TASK ITEM: Locate the word "omega" in the data below, then copy every line that holds it.

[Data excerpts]
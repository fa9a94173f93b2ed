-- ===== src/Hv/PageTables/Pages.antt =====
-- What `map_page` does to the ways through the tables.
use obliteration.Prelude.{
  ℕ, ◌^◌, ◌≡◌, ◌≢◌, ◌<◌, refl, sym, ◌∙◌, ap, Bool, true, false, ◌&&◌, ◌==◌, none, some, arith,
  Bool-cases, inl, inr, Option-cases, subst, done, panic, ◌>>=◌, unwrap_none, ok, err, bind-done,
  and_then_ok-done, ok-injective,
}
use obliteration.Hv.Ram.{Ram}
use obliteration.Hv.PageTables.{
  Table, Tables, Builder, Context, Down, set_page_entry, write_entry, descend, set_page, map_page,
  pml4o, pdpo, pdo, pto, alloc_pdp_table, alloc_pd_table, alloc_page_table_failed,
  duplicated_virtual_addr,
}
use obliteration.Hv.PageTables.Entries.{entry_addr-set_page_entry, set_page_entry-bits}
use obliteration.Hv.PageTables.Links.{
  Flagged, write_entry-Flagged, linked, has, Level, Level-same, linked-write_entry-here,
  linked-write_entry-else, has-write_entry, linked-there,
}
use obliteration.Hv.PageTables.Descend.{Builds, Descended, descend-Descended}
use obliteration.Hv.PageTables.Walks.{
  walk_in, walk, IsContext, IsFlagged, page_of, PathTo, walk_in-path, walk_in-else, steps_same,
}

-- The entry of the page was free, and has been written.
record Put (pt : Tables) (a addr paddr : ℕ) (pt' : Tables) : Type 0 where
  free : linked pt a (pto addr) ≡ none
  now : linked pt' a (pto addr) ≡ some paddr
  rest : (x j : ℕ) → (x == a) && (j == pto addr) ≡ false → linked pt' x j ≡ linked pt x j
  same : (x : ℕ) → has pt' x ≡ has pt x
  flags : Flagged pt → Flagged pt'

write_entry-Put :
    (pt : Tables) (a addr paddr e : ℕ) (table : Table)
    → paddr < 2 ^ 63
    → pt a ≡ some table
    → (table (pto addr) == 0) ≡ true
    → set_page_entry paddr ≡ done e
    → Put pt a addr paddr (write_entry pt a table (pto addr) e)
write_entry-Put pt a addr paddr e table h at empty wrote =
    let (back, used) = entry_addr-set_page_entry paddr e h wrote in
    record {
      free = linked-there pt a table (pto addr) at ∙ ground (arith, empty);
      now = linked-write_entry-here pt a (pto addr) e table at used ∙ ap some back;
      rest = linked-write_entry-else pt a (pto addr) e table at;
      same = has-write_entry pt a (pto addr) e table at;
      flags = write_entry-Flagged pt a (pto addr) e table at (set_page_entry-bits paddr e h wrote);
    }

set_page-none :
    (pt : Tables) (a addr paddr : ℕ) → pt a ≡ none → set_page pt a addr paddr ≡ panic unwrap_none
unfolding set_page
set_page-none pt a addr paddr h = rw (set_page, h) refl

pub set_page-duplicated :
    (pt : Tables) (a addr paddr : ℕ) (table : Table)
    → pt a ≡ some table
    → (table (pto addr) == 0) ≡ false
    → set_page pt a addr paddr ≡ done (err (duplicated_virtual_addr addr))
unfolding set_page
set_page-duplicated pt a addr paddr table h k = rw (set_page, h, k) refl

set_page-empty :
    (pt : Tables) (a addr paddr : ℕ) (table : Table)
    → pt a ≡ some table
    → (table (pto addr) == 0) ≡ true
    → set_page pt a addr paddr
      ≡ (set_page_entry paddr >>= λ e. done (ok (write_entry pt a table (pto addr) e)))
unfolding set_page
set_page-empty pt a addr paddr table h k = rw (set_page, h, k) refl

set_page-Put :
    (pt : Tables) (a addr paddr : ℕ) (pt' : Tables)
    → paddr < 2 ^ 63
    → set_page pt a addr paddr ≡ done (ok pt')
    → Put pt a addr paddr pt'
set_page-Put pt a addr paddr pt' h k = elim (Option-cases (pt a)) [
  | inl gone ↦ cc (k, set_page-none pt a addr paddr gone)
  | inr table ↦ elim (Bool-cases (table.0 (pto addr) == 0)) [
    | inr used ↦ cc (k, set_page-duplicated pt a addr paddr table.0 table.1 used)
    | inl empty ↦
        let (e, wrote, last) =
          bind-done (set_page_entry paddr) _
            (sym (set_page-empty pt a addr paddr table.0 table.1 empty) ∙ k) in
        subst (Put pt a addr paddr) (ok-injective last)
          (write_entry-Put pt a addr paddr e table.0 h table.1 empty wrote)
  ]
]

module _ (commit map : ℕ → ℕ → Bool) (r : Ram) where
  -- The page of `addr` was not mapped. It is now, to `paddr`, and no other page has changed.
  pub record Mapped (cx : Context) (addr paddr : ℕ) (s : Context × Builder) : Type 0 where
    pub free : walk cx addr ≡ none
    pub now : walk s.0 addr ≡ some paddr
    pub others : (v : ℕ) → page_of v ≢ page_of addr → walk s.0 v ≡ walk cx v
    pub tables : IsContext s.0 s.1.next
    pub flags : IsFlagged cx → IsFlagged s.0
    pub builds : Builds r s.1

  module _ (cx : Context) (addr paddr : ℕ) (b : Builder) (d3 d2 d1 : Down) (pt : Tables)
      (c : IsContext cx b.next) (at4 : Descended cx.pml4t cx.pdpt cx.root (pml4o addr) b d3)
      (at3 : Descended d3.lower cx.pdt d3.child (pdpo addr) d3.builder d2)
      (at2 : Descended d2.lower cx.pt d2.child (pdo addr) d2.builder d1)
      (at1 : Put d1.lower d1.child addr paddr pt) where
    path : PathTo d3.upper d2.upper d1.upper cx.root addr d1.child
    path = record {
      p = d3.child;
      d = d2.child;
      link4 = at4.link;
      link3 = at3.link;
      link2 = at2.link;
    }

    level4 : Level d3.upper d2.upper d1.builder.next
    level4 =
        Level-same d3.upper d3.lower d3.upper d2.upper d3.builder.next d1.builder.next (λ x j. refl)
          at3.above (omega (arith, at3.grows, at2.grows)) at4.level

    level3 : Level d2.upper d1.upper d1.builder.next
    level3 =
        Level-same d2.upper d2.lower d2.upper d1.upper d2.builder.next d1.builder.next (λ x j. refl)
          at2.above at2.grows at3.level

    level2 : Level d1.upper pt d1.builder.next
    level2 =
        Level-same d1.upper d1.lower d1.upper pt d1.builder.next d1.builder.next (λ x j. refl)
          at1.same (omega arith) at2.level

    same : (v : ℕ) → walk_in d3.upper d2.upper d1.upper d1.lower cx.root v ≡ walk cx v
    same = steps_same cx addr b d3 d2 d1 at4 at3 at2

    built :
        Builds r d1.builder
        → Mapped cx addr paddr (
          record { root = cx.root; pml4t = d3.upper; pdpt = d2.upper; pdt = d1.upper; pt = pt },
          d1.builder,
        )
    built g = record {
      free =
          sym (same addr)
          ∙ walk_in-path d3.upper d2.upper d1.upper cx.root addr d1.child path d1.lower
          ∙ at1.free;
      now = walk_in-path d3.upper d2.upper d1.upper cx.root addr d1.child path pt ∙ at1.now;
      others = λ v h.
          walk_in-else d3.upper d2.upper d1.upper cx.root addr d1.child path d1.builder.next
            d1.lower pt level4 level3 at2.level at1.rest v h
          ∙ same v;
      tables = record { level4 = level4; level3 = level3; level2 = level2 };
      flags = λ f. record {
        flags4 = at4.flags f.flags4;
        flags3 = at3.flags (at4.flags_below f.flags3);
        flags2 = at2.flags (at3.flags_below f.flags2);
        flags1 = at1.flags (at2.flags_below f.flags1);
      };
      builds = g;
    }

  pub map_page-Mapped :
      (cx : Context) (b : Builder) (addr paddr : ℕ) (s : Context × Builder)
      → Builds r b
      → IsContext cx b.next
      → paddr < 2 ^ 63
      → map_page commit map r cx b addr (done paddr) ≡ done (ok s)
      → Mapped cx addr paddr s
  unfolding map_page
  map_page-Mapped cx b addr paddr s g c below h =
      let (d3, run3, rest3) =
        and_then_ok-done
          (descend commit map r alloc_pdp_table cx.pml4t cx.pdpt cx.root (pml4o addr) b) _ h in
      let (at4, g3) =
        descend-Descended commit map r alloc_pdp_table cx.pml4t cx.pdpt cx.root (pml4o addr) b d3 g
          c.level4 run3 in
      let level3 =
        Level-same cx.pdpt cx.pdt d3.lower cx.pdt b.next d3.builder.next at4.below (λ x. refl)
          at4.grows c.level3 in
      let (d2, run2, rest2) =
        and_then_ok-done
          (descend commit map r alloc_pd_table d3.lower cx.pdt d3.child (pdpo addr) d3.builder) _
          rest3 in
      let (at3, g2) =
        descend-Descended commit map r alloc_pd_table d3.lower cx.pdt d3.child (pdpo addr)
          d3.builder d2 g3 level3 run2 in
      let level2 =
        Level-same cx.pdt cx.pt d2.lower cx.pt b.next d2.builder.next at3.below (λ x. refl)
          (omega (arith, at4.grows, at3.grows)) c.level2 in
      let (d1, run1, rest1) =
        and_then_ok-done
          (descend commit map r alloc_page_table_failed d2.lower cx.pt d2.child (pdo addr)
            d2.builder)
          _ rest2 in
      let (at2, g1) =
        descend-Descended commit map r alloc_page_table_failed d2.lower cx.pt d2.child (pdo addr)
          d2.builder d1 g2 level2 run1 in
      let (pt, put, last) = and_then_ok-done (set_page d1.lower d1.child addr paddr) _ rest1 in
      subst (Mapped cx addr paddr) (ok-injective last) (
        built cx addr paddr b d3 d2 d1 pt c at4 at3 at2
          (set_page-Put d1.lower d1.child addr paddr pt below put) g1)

EXPECTED ANSWER:
          at3.above (omega (arith, at3.grows, at2.grows)) at4.level
          at1.same (omega arith) at2.level
          (omega (arith, at4.grows, at3.grows)) c.level2 in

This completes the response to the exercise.